Ich gebe zu, dass die Überschrift etwas zugespitzt ist, denn Union hatte am Anfang des 0:0 gegen Dynamo Dresden zwei Schüsse Richtung Tor und am Ende der Partie zwei Mal Aluminium getroffen. Zudem hielt Dresdens Keeper den Kopfball von Suleiman Abdullahi nach Prömels Pfostentreffer mit einem hervorragenden Reflex. Aber sonst so? Union scheiterte an den Verteidigungslinien der Dresdner, die spätestens seit dem Platzverweis mehrere Busse am Strafraum parkten. Denn über die 16-Meter-Linie kamen die Unionspieler dann bis Spielende praktisch gar nicht. Die Außen waren nach der Gelb-Roten-Karte zugestellt, so dass sich der agile Andy Gogia immer mehreren Dresdnern gegenübersah.

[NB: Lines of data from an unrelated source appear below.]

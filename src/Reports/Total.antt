-- ===== src/Reports/Total.antt =====
-- packages/domain/src/reports.ts: that `semanticIssues` returns.
use interview_agent.Common.{
  ℕ, ◌+◌, ◌≤◌, ◌≡◌, refl, Option, List, [], ◌∷◌, ◌++◌, All, ok, Result-cases, arith, inl, inr,
}
use interview_agent.Interview.{scored, zero_score, parse_positive_question_score}
use interview_agent.Scoring.{
  SelectedQuestionScore, aggregate_complete_interview_score, create_zero_question_outcome,
}
use interview_agent.Reports.{ReportSnapshot, ReportQuestionFeedback, Issue}
use interview_agent.Reports.Questions.{feedback_outcome, question_issues}
use interview_agent.Reports.Snapshots.{
  question_loop, complete_issues, score_issues, semantic_issues,
}

-- The scores that `decodeSnapshot` lets through.
abbrev pub HasDecodedScore : ReportQuestionFeedback → Type 0
HasDecodedScore q = elim q.outcome [
  | scored score ↦ (1 ≤ score) × (score ≤ 100)
  | zero_score reason ↦ Unit
]

feedback_outcome-total :
    (q : ReportQuestionFeedback) → HasDecodedScore q → feedback_outcome q.outcome ≡ ok q.outcome
unfolding feedback_outcome parse_positive_question_score create_zero_question_outcome
feedback_outcome-total q h = ground arith

question_loop-total :
    (n : ℕ) (qs : List ReportQuestionFeedback)
    → All HasDecodedScore qs
    → (r : List Issue × List SelectedQuestionScore) × (question_loop n qs ≡ ok r)
unfolding question_loop
question_loop-total n [] all = (([], []), refl)
question_loop-total n (q ∷ qs) (here, all) =
    let (r, e) = question_loop-total (n + 1) qs all in
    (
      (question_issues q n ++ r.0, record { domain = q.domain; outcome = q.outcome } ∷ r.1),
      ground (arith, feedback_outcome-total q here, e),
    )

score_issues-total :
    (overall : Option ℕ) (selected : List SelectedQuestionScore)
    → (issues : List Issue) × (score_issues overall selected ≡ ok issues)
unfolding score_issues complete_issues aggregate_complete_interview_score
score_issues-total overall selected = elim (Result-cases (score_issues overall selected)) [
  | inl (issues, e) ↦ (issues, e)
  | inr (x, e) ↦ absurd (ground arith)
]

-- When every scored question has from 1 to 100 points, `semanticIssues` returns a list of issues and
-- throws nothing.
pub semantic_issues-total :
    (s : ReportSnapshot)
    → All HasDecodedScore s.questions
    → (issues : List Issue) × (semantic_issues s ≡ ok issues)
unfolding semantic_issues
semantic_issues-total s all =
    let (feedback, good) = question_loop-total 0 s.questions all in
    let (scores, e) = score_issues-total s.overall_score feedback.1 in
    elim (Result-cases (semantic_issues s)) [
      | inl found ↦ found
      | inr (x, bad) ↦ absurd (ground (arith, good, e))
    ]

Von schnellen Zuspielen auf Grischa Prömel oder andere Spieler im Mittelfeld, wie sie auch Daniel in der Taktik-Analyse bei Eiserne Ketten vermisste, war nichts zu sehen.

Dynamo versuchte wirklich alles, um Tempo aus der Partie zu nehmen. Und Urs Fischers Team muss sich vorwerfen lassen, dieses Spiel auch noch mitgemacht zu haben, indem der Spielaufbau doch eher langsam vonstatten ging. Ab und zu mal ein diagonaler Ball hätte vielleicht das Dresdner Bollwerk aufreißen können. Oder ein Fernschuss. Ich weiß nicht, wie oft ich am Ende “Schieß doch!” gerufen habe, weil ich dachte, dass es ja auch egal ist. Denn ohne Schüsse aufs Tor braucht man nicht erwarten, dass man trifft.

Es war alles in allem eine frustrierende Angelegenheit und wir erleben eine Mannschaft, die zwar selbst relativ wenig zulässt, die aber zugunsten der Null auf der eigenen Seite jegliche Kreativität und Spielwitz verloren zu haben schein. Darin sind sich auch die Berliner Medien in ihren Spielberichten einig:

Weil das jetzt alles so negativ klingt, auch noch etwas Positives: In der Defensivarbeit mit einem sagenhaftem Timing agierte aber die Innenverteidigung. Allen voran Florian Hübner, der so manche Situation gut und fast immer ohne Foul klärte, so dass Rafal Gikiewicz wenig aufs Tor bekam.

Fotos vom Spiel gibt es hier:

Was am Spiel schön war, fand dann eher außerhalb des Spiels statt. Zum Beispiel die Verabschiedung von Toni Leistner.

Oder die Ehrung Sebastian Polters für das Tor des Monats. Die Medaille überreichte Toni Leistner.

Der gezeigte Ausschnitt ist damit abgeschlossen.